Amigo, lo que puedo destacar es que medir el nivel de aceite de carter, solo sera fiable cuando el motor esta en reposo un periodo determinado, de lo contrario dificilmente lograras tomar dicha medida, con el mismo en marcha.
Puede obtenerse un estimativo de lectura, mediante la presion. Aunque esta, tambien sera alterada, pues la viscocidad del aceite, varia con la temperatura.


----------



## Hecucent (Mar 26, 2013)

Gracias por tu observación Gudino. Ahora, bueno realmente de igual forma me interesaría lograr medir los niveles por lo menos en reposo, esto con la finalidad de que día a día pueda chequear el vehículo sin necesidad de hacerlo manualmente, esto por diferentes motivos, ya sea polvo, aceite derramado entre otros. Es algo que siempre he tenido en mente pero hasta los momentos  no me he puesto a realizarlo como debe ser. gracias por el aporte, seguiré investigando y pensando en alguna manera de lograrlo..


----------



## edh59 (Mar 26, 2013)

Hola Hecucent:
Hace varios años (en 1994) tuve un Renault 21 que tenía un indicador de nivel de aceite del motor en el tablero,un simple instrumento de aguja comandado por un flotante colocado en el cárter del motor.Tal vez esto te sirva para implementar algún dispositivo similar.
Cualquier consulta estoy a tu disposición.
Saludos y éxitos con el proyecto.
Eduardo.


----------



## Gudino Roberto duberlin (Mar 26, 2013)

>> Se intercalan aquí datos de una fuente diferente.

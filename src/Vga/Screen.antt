-- ===== src/Vga/Screen.antt =====
-- The cursor of vga.cpp and the cells that it writes.
use venom_os.Base.{
  ℕ, zero, suc, ◌+◌, ◌-◌, ◌*◌, ◌≤◌, ◌<◌, ◌≡◌, ◌==◌, leb, List, [], ◌∷◌, refl, arith, ◌∙◌,
  Bool-cases, inl, inr,
}
use venom_os.Base.Memory.{update}
use venom_os.Vga.{
  Vga, vga_width, vga_height, scroll_from, fill_from, scroll, scroll_if, erase, backspace, advance,
  put_char, print, cell, make_entry, last_row,
}

pub record OnScreen (v : Vga) : Type 0 where
  pub row : v.cursor_row < vga_height
  pub col : v.cursor_col < vga_width

-- The cursor is on the screen, and the memory behind the screen is as it was.
pub record Stays (v w : Vga) : Type 0 where
  pub cursor : OnScreen w
  pub behind : (j : ℕ) → vga_height * vga_width ≤ j → w.buffer j ≡ v.buffer j

scroll_from_behind : (left i j : ℕ) (b : ℕ → ℕ) → i + left ≤ j → scroll_from left i b j ≡ b j
unfolding scroll_from
scroll_from_behind zero i j b h = refl
scroll_from_behind (suc left) i j b h =
    ground (arith, scroll_from_behind left (i + 1) j (update b i (b (i + vga_width))))

fill_from_behind : (left i e j : ℕ) (b : ℕ → ℕ) → i + left ≤ j → fill_from left i e b j ≡ b j
unfolding fill_from
fill_from_behind zero i e j b h = refl
fill_from_behind (suc left) i e j b h =
    ground (arith, fill_from_behind left (i + 1) e j (update b i e))

scroll-Stays : (v : Vga) → Stays v (scroll v)
unfolding scroll
scroll-Stays v = record {
  cursor = record { row = omega arith; col = omega arith };
  behind = λ j h.
      fill_from_behind vga_width last_row (make_entry b' ' v.current_color) j
        (scroll_from last_row 0 v.buffer) (omega arith)
      ∙ scroll_from_behind last_row 0 j v.buffer (omega arith);
}

scroll_if-Stays :
    (v w : Vga)
    → w.cursor_col < vga_width
    → ((j : ℕ) → vga_height * vga_width ≤ j → w.buffer j ≡ v.buffer j)
    → Stays v (scroll_if w)
scroll_if-Stays v w col behind = elim (Bool-cases (leb vga_height w.cursor_row)) [
  | inl past ↦
      let s = scroll-Stays w in
      rw past (record { cursor = s.cursor; behind = λ j h. s.behind j h ∙ behind j h })
  | inr inside ↦
      rw inside (record { cursor = record { row = ground arith; col = col }; behind = behind })
]

erase-Stays :
    (v : Vga) (row col : ℕ)
    → row < vga_height
    → col < vga_width
    → Stays v (scroll_if (erase (record v { cursor_row = row; cursor_col = col })))
erase-Stays v row col hr hc =
    scroll_if-Stays v (erase (record v { cursor_row = row; cursor_col = col })) hc
      (λ j h. ground (arith, hr, hc))

backspace-Stays : (v : Vga) → OnScreen v → Stays v (backspace v)
backspace-Stays v on = elim (Bool-cases (v.cursor_col == 0)) [
  | inr inside ↦
      rw inside (erase-Stays v v.cursor_row (v.cursor_col - 1) on.row (omega (arith, on.col)))
  | inl edge ↦ elim (Bool-cases (v.cursor_row == 0)) [
    | inl first ↦ rw (edge, first) (record { cursor = on; behind = λ j h. refl })
    | inr later ↦
        rw (edge, later)
          (erase-Stays v (v.cursor_row - 1) (vga_width - 1) (omega (arith, on.row)) (omega arith))
  ]
]

plain-Stays :
    (c : ℕ) (v : Vga)
    → OnScreen v
    → Stays v (
        scroll_if
          (advance (record v { buffer = update v.buffer (cell v) (make_entry c v.current_color) })))
plain-Stays c v on =
    scroll_if-Stays v
      (advance (record v { buffer = update v.buffer (cell v) (make_entry c v.current_color) }))
      (ground (arith, on.col)) (λ j h. ground (arith, on.row, on.col))

-- From a cursor on the screen, `put_char` leaves the cursor on the screen and writes nothing behind
-- the 2000 cells of the video memory.
pub put_char-Stays : (c : ℕ) (v : Vga) → OnScreen v → Stays v (put_char c v)
unfolding put_char
put_char-Stays c v on = elim (Bool-cases (c == 10)) [
  | inl newline ↦ rw newline (scroll_if-Stays v _ (omega arith) (λ j h. refl))
  | inr other ↦ elim (Bool-cases (c == 8)) [
    | inl back ↦ rw (other, back) (backspace-Stays v on)
    | inr plain ↦ rw (other, plain) (plain-Stays c v on)
  ]
]

-- From a cursor on the screen, printing a string leaves the cursor on the screen and writes nothing
-- behind the 2000 cells of the video memory.
pub print-Stays : (s : List ℕ) (v : Vga) → OnScreen v → Stays v (print s v)
unfolding print
print-Stays [] v on = record { cursor = on; behind = λ j h. refl }
print-Stays (c ∷ s) v on =
    let first = put_char-Stays c v on in
    let rest = print-Stays s (put_char c v) first.cursor in
    record { cursor = rest.cursor; behind = λ j h. rest.behind j h ∙ first.behind j h }
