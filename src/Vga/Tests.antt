-- ===== src/Vga/Tests.antt =====
-- The last cell of the screen of vga.cpp.
use venom_os.Base.{arith, [], ◌∷◌}
use venom_os.Vga.{Vga, print}
use venom_os.Vga.Screen.{OnScreen, Stays, print-Stays}

abbrev last_cell : Vga
last_cell = record { buffer = λ i. 0; cursor_row = 24; cursor_col = 79; current_color = 7 }

last_cell-OnScreen : OnScreen last_cell
last_cell-OnScreen = record { row = omega arith; col = omega arith }

print-Stays_example : Stays last_cell (print (b'a' ∷ 10 ∷ 8 ∷ []) last_cell)
print-Stays_example = print-Stays (b'a' ∷ 10 ∷ 8 ∷ []) last_cell last_cell-OnScreen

La verdad, que utilizar un flotante para medir el nivel de aceite,, el problema viene cuando el vehiculo se encuentra en una pendiente.
Y cuando esta en marcha, el agitamiento violento del aceite, la verdad es complicado ese metodo.
Debe integrar cuidadosamente la señal, para obtener una lectura estable.


----------



## Hecucent (Mar 27, 2013)

Gracias por los aportes compañeros, realmente he estado pensando e investigando y me he dado cuenta que la solución por los momentos es netamente mecánica, y a través de esta acoplar una solución eléctrica para poder medir digital o analógicamente. De igual forma seguiré, gracias.....


----------